= Beginning of Section =
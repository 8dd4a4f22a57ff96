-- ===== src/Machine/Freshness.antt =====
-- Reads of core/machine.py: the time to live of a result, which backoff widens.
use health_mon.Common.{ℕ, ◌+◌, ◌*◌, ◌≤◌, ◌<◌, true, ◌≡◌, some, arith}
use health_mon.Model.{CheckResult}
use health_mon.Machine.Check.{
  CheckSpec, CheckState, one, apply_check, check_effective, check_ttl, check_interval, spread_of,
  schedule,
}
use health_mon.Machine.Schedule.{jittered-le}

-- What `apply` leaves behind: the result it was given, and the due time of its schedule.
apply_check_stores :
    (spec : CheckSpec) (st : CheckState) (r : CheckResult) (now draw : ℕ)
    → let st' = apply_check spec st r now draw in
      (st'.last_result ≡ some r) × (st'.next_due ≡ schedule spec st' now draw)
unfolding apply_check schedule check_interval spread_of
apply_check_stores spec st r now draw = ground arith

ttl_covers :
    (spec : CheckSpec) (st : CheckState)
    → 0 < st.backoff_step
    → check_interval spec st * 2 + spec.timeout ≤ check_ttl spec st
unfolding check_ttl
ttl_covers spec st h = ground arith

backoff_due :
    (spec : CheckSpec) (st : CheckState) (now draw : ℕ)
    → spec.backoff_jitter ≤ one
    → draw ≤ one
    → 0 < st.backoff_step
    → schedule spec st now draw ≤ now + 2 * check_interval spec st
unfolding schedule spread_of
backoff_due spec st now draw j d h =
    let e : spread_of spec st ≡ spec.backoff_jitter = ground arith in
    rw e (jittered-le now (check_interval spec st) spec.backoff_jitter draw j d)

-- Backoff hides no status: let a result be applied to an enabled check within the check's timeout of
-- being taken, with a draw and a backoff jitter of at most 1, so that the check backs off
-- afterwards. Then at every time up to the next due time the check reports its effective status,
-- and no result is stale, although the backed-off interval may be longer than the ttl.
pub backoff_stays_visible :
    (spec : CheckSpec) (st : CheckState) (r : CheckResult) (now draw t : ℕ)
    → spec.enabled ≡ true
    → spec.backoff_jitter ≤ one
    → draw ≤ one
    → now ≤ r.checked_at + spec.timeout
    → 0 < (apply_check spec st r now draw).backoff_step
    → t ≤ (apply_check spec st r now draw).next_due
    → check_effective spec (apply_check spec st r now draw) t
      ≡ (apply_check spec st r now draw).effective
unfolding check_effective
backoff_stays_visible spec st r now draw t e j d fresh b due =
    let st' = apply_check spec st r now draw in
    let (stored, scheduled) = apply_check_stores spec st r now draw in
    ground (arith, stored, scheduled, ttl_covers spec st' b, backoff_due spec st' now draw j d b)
= End of Section =
= Beginning of Section =
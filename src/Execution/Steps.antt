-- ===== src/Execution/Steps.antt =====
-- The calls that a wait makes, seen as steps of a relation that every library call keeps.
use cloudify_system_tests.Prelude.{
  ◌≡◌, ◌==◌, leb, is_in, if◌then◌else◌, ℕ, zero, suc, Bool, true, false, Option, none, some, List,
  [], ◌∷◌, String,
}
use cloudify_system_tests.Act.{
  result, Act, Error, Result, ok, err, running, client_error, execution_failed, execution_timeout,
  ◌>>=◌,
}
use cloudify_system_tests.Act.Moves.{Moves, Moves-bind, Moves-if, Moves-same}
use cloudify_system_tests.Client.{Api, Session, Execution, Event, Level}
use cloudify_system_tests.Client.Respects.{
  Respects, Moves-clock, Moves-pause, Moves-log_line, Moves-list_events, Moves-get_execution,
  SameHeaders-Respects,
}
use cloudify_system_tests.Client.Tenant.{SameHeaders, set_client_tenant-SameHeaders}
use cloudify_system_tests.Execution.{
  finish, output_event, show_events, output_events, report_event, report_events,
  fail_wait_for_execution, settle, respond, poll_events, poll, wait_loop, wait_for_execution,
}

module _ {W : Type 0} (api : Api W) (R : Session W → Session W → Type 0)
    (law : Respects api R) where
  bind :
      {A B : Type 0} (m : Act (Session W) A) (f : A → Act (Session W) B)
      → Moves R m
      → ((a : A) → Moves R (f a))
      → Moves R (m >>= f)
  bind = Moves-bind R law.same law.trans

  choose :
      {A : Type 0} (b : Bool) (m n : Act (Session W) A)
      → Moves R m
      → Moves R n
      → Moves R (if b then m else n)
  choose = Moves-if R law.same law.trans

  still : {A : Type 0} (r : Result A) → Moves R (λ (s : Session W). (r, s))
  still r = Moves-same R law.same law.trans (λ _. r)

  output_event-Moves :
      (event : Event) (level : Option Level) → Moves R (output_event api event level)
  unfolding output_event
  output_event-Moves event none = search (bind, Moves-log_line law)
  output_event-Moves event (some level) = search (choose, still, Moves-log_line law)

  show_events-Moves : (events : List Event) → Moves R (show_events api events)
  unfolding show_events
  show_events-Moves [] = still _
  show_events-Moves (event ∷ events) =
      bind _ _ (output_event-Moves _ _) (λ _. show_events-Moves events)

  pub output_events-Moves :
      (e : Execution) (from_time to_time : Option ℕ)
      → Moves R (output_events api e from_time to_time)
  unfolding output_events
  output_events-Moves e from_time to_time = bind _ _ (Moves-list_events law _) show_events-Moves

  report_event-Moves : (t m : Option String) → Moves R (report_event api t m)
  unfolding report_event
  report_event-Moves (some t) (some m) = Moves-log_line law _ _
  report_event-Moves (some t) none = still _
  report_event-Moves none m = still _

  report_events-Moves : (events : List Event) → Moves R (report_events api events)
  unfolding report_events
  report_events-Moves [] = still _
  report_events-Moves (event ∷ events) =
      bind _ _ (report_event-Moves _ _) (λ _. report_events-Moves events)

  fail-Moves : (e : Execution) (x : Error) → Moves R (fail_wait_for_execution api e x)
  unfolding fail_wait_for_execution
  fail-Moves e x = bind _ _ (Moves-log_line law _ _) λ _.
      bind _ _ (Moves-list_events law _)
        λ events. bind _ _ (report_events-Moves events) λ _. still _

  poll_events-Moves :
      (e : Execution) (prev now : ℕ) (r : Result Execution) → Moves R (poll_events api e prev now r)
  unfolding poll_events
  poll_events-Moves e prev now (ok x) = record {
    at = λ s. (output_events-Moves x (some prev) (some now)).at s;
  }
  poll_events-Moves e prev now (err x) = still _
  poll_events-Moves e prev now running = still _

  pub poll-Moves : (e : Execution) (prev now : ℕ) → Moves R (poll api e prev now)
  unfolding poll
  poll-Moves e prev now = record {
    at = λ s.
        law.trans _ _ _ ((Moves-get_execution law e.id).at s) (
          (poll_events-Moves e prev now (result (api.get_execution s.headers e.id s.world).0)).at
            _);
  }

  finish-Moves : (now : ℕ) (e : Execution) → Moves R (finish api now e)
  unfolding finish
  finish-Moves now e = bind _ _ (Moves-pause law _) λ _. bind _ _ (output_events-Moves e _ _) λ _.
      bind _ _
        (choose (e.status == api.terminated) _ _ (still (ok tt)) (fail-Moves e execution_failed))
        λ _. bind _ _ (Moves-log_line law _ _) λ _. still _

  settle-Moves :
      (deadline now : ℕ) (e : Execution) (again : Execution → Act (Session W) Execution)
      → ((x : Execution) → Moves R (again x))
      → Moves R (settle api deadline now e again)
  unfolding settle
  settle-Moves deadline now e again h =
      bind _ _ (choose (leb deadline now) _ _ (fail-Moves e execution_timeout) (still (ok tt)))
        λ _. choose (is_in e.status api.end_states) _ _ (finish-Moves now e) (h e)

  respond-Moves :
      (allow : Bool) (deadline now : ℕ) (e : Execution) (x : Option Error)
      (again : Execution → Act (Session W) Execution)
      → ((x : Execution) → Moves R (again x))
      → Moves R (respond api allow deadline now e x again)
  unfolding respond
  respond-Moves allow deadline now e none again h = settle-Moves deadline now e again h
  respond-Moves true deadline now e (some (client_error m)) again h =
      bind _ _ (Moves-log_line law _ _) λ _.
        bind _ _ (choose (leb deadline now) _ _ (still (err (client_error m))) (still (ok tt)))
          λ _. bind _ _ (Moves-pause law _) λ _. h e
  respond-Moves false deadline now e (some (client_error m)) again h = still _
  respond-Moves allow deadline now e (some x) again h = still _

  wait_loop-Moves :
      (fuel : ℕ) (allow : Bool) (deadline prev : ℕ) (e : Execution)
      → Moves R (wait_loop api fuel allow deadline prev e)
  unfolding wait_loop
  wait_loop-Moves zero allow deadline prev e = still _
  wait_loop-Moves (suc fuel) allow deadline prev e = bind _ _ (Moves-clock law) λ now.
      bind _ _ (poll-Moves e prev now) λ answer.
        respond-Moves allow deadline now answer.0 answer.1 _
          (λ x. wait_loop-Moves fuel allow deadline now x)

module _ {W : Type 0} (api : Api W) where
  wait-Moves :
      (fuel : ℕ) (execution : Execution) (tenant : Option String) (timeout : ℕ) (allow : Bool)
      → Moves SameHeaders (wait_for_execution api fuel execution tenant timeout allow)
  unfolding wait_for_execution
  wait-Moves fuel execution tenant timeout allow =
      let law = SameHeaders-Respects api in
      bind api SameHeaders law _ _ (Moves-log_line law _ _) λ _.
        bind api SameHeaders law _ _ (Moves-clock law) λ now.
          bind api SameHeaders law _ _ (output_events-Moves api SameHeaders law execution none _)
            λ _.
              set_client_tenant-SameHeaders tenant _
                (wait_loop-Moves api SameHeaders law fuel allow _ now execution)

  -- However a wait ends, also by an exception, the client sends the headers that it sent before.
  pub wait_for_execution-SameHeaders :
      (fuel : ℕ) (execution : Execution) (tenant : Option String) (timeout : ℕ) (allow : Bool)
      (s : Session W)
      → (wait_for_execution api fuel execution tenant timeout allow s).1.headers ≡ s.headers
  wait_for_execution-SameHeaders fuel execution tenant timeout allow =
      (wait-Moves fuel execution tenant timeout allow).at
= End of Section =
Problem to work on
What number of lines in the listing above hold the string "arith"? Give that number and nothing else.

Answer to this task
5